Bunu sadece ben söylemiyorum. Türkiye'de reklamcılıktan en fazla parayı ve en büyük şöhreti kazanmış Serdar Erener de aynı fikirde. Dilerseniz devam etmeden önce Erener'e kulak verin. Videoyu 05:29'dan itibaren birkaç dakika izleyebilirsiniz.
Serdar'ın açıklaması yerinde... Marka denilen şey aslen bir sevgi ve saygı projesi. Ancak açıklamayı devam ettirmek gerek. Yarının pazarlamasında bu ilişkiyi yaratıp size para ve itibar kazandırmak için elimizde kalan tek şey deneyim!
Deneyim tasarlamak mağazanızı, sokağı, üniversiteleri, gece kulüplerini, plajları, metroyu veya etkinliklerinizi markanız için oyun alanına çevirip, hikayenizi reklam yapmadan anlatmak demek.
Reklam ve Deneyim Tasarımı Farkı
Örnekle açıklayalım.
Tanıtmakla sorumlu olduğunuz markanın adı Coca-Cola. İletişim damarınız belli: Mutluluk. Siz gazlı içecek işinde değilsiniz; 100 yıldır insanları mutlu etme işindesiniz. Sizi dünyanın en değerli hızlı tüketim markası yapan anafikir bu.
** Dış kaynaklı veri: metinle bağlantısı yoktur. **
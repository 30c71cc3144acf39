-- ===== src/Mobile/Companion/Storage.antt =====
-- secure-storage.ts: a registration that is saved is loaded again.
use erg.Prelude.{or_else-given, text_eq, ◌≡◌, refl, false, some, is_empty, arith, codes}
use erg.Bridge.State.{ClientType, mobile, even_hub}
use erg.Mobile.Companion.{DeviceRegistration, load, save, stored_client_type, client_type_text}

-- A registration of a device that was paired.
pub record IsComplete (r : DeviceRegistration) : Type 0 where
  pub url : is_empty r.relay_base_url ≡ false
  pub device : is_empty r.device_id ≡ false
  pub token : is_empty r.refresh_token ≡ false
  pub name : is_empty r.device_display_name ≡ false
  pub conversation : is_empty r.default_conversation_id ≡ false

client_type-stored : (t : ClientType) → stored_client_type (client_type_text t) ≡ t
unfolding text_eq
client_type-stored mobile = refl
client_type-stored even_hub = refl

-- Loading what was saved gives the registration back.
pub load-save : (r : DeviceRegistration) → IsComplete r → load (some (save r)) ≡ some r
unfolding load save
load-save r h = ground (
  arith,
  h.url,
  h.device,
  h.token,
  or_else-given r.device_display_name (codes "OpenClaw mobile") h.name,
  or_else-given r.default_conversation_id (codes "default") h.conversation,
  client_type-stored r.client_type,
)
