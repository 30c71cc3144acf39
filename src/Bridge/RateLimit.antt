-- ===== src/Bridge/RateLimit.antt =====
-- bridge/src/rate-limit.ts. `timestamp > nowMs - windowMs` is written without a negative number.
pub mod Window
use erg.Prelude.{
  ℕ, ◌+◌, ◌-◌, Bool, true, false, Option, none, some, List, [], ◌∷◌, ◌++◌, Text, Map, get, set,
  get_or, filter, length, ltb, leb, if◌then◌else◌,
}

abbrev pub Buckets : Type 0
Buckets = Map (List ℕ)

-- A wait that is not a number, which a limit of 0 gives, is `none`.
pub record Outcome : Type 0 where
  pub allowed : Bool
  pub retry_after_ms : Option ℕ

abbrev pub is_active : ℕ → ℕ → ℕ → Bool
is_active window_ms now timestamp = ltb now (timestamp + window_ms)

-- `windowMs - (nowMs - active[0])`, and 0 if that is negative.
abbrev pub wait : ℕ → ℕ → List ℕ → Option ℕ
wait window_ms now [] = none
wait window_ms now (t ∷ ts) = some (window_ms + t - now)

-- The bucket after a call, and whether the call is allowed.
unfoldable pub check_bucket : List ℕ → ℕ → ℕ → ℕ → List ℕ × Outcome
check_bucket timestamps limit window_ms now =
    let active = filter (is_active window_ms now) timestamps in
    if leb limit (length active)
    then (active, record { allowed = false; retry_after_ms = wait window_ms now active })
    else (active ++ now ∷ [], record { allowed = true; retry_after_ms = some 0 })

unfoldable pub check : Buckets → Text → ℕ → ℕ → ℕ → Buckets × Outcome
unfolding check_bucket
check buckets key limit window_ms now =
    let (bucket, outcome) = check_bucket (get_or (get buckets key) []) limit window_ms now in
    (set buckets key bucket, outcome)
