-- ===== src/Bridge/Ingest.antt =====
-- bridge/src/hardware-bridge-ingest.ts. A batch comes from JSON: any field of an event may be missing.
-- Of an event, the fields that its kind adds are only logged, and left out.
pub mod Dedup
use erg.Prelude.{
  ℕ, ◌+◌, Bool, true, false, not, Option, none, some, List, [], ◌∷◌, Text, Map, codes, get, set,
  is_some, is_empty, get_or, length, leb, ltb, if◌then◌else◌, text_eq, trim,
}
use erg.Bridge.Store.Cleanup.{sweep}

-- A sequence that is negative or not a finite number is `none`.
pub record HardwareBridgeEvent : Type 0 where
  pub event_id : Option Text
  pub bridge_id : Option Text
  pub device_id : Option Text
  pub occurred_at : Option Text
  pub sequence : Option ℕ

-- `events` is `none` if it is not an array. An entry of it may be missing.
pub record Batch : Type 0 where
  pub bridge_id : Text
  pub events : Option (List (Option HardwareBridgeEvent))

pub data Reason : Type 0 where
  batch_bridge_id_required : Reason
  events_required : Reason
  exceeds_max_size : ℕ → Reason
  event_required : Reason
  event_id_required : Reason
  bridge_id_differs : Reason
  device_id_required : Reason
  occurred_at_required : Reason
  sequence_invalid : Reason

pub record Response : Type 0 where
  pub accepted_event_ids : List Text
  pub duplicate_event_ids : List Text
  pub rejected_events : List (Text × Reason)

-- The fields of `BridgeConfig` that the service reads.
pub record Config : Type 0 where
  pub hardware_bridge_dedup_ttl_ms : ℕ
  pub hardware_bridge_max_batch_size : ℕ

-- `seenEventIds`: until when an id is remembered.
abbrev pub Seen : Type 0
Seen = Map ℕ

-- `!value?.trim()`
unfoldable pub is_blank : Option Text → Bool
unfolding trim
is_blank none = true
is_blank (some t) = is_empty (trim t)

abbrev equals : Option Text → Text → Bool
equals none u = false
equals (some t) u = text_eq t u

unfoldable pub validate_hardware_bridge_event : Option HardwareBridgeEvent → Text → Option Reason
unfolding is_blank
validate_hardware_bridge_event none bridge_id = some event_required
validate_hardware_bridge_event (some event) bridge_id =
    if is_blank event.event_id
    then some event_id_required
    else if not (equals event.bridge_id bridge_id)
    then some bridge_id_differs
    else if is_blank event.device_id
    then some device_id_required
    else if is_blank event.occurred_at
    then some occurred_at_required
    else if not (is_some event.sequence)
    then some sequence_invalid
    else none

-- `event?.event_id`, an empty text where it is missing.
abbrev pub id_of : Option HardwareBridgeEvent → Text
id_of none = []
id_of (some event) = get_or event.event_id []

-- `event?.event_id || "unknown"`
abbrev pub id_or_unknown : Option HardwareBridgeEvent → Text
id_or_unknown e = if is_empty (id_of e) then codes "unknown" else id_of e

-- What becomes of one event.
pub data Verdict : Type 0 where
  rejected : Reason → Verdict
  duplicate : Verdict
  accepted : Verdict

abbrev seen_or_new : Option ℕ → Verdict
seen_or_new none = accepted
seen_or_new (some expires_at) = duplicate

unfoldable pub judge : Text → Seen → Option HardwareBridgeEvent → Verdict
unfolding validate_hardware_bridge_event
judge bridge_id seen e = elim (validate_hardware_bridge_event e bridge_id) [
  | some reason ↦ rejected reason
  | none ↦ seen_or_new (get seen (id_of e))
]

abbrev pub remember : Verdict → Text → ℕ → Seen → Seen
remember (rejected reason) id until seen = seen
remember duplicate id until seen = seen
remember accepted id until seen = set seen id until

abbrev pub answer : Verdict → Option HardwareBridgeEvent → Response → Response
answer (rejected reason) e r = record r {
  rejected_events = (id_or_unknown e, reason) ∷ r.rejected_events;
}
answer duplicate e r = record r { duplicate_event_ids = id_of e ∷ r.duplicate_event_ids }
answer accepted e r = record r { accepted_event_ids = id_of e ∷ r.accepted_event_ids }

abbrev pub nothing : Response
nothing = record { accepted_event_ids = []; duplicate_event_ids = []; rejected_events = [] }

-- The loop over the events; each list of the response is in the order of the events.
unfoldable pub ingest_events : ℕ → Text → Seen → List (Option HardwareBridgeEvent) → Seen × Response
unfolding judge
ingest_events until bridge_id seen [] = (seen, nothing)
ingest_events until bridge_id seen (e ∷ events) =
    let verdict = judge bridge_id seen e in
    let (kept, answers) =
      ingest_events until bridge_id (remember verdict (id_of e) until seen) events in
    (kept, answer verdict e answers)

abbrev pub expired : ℕ → ℕ → Bool
expired now expires_at = leb expires_at now

unfoldable pub cleanup_expired : ℕ → Seen → Seen
unfolding sweep
cleanup_expired now seen = (sweep (expired now) seen).0

abbrev pub whole_batch : Reason → Response
whole_batch reason = record nothing { rejected_events = (codes "batch", reason) ∷ [] }

-- The checks of `events`, then the loop.
unfoldable pub ingest_array :
    Config → ℕ → Text → Seen → Option (List (Option HardwareBridgeEvent)) → Seen × Response
unfolding ingest_events
ingest_array config now bridge_id seen none = (seen, whole_batch events_required)
ingest_array config now bridge_id seen (some []) = (seen, whole_batch events_required)
ingest_array config now bridge_id seen (some (e ∷ events)) =
    if ltb config.hardware_bridge_max_batch_size (length (e ∷ events))
    then (seen, whole_batch (exceeds_max_size config.hardware_bridge_max_batch_size))
    else ingest_events (now + config.hardware_bridge_dedup_ttl_ms) bridge_id seen (e ∷ events)

unfoldable pub ingest : Config → ℕ → Batch → Seen → Seen × Response
unfolding cleanup_expired ingest_array trim
ingest config now batch seen =
    let fresh = cleanup_expired now seen in
    if is_empty (trim batch.bridge_id)
    then (fresh, whole_batch batch_bridge_id_required)
    else ingest_array config now batch.bridge_id fresh batch.events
Yaz geldi. Sıcak havalarda insanlara Coca-Cola içerek serinleyebileceklerini hatırlatmanız gerek. Brifi hemen reklam ajansınıza verdiniz. Mutluluk temelinden sapılmaması gerektiğini de not ettiniz.
Ajansınızın aklı doğal olarak hemen geniş çaplı bir kampanyaya gitti. Havalı sloganlar yazıldı, başlıklar atıldı. Ardından canlı, renkli yani mutluluk verici bir TV senaryosu kaleme alındı.
Ekipten biri mutlaka özel bir jingle besteletelim dedi. Müzisyene ciddi para döküldü. İşe prodüksiyon şirketi de dahil oldu. Ben bu iş için Kilyos plajını 2 gün kapatırım, hatta filmde şu ünlüleri oynatırım dedi. Sonuçta 7 haneli prodüksiyon bütçesi ortaya çıktı. Paralar ödendi, film çekildi.
Filmi tamamlayan ajans topu medya şirketine attı. TV gösterim planlaması yapıldı. Açık havayı, sinemayı, radyoyu ve interneti de unutmayalım dendi. Prodüksiyon X TL ise... Medya bütçesi de en az 7X olmalı önerisinde hemfikir olundu.
Sonuçta reklamınız 15 gün boyunca ulusal TV'lerde yayınlandı. Yer gök kampanyanızla kaplandı. Bir ay sonra ise bütçe tükendi. Reklamınız dönemsel olarak nispeten işe yaradı. Ancak süreçte başa dönüldü: Yaz devam ediyor... Şimdi ne yapıyoruz?
Reklamcılık 50 yıldır bu şekilde çalışıyor. Yani çekmeceden klasik çözümler çıkarıyor. Bahsettiğimiz düşünce yapısında bir bozukluk yok elbette. Sadece reklam kampanyaları bugün geçmişten daha pahalı. Üstelik mecralar fazlasıyla kalabalık.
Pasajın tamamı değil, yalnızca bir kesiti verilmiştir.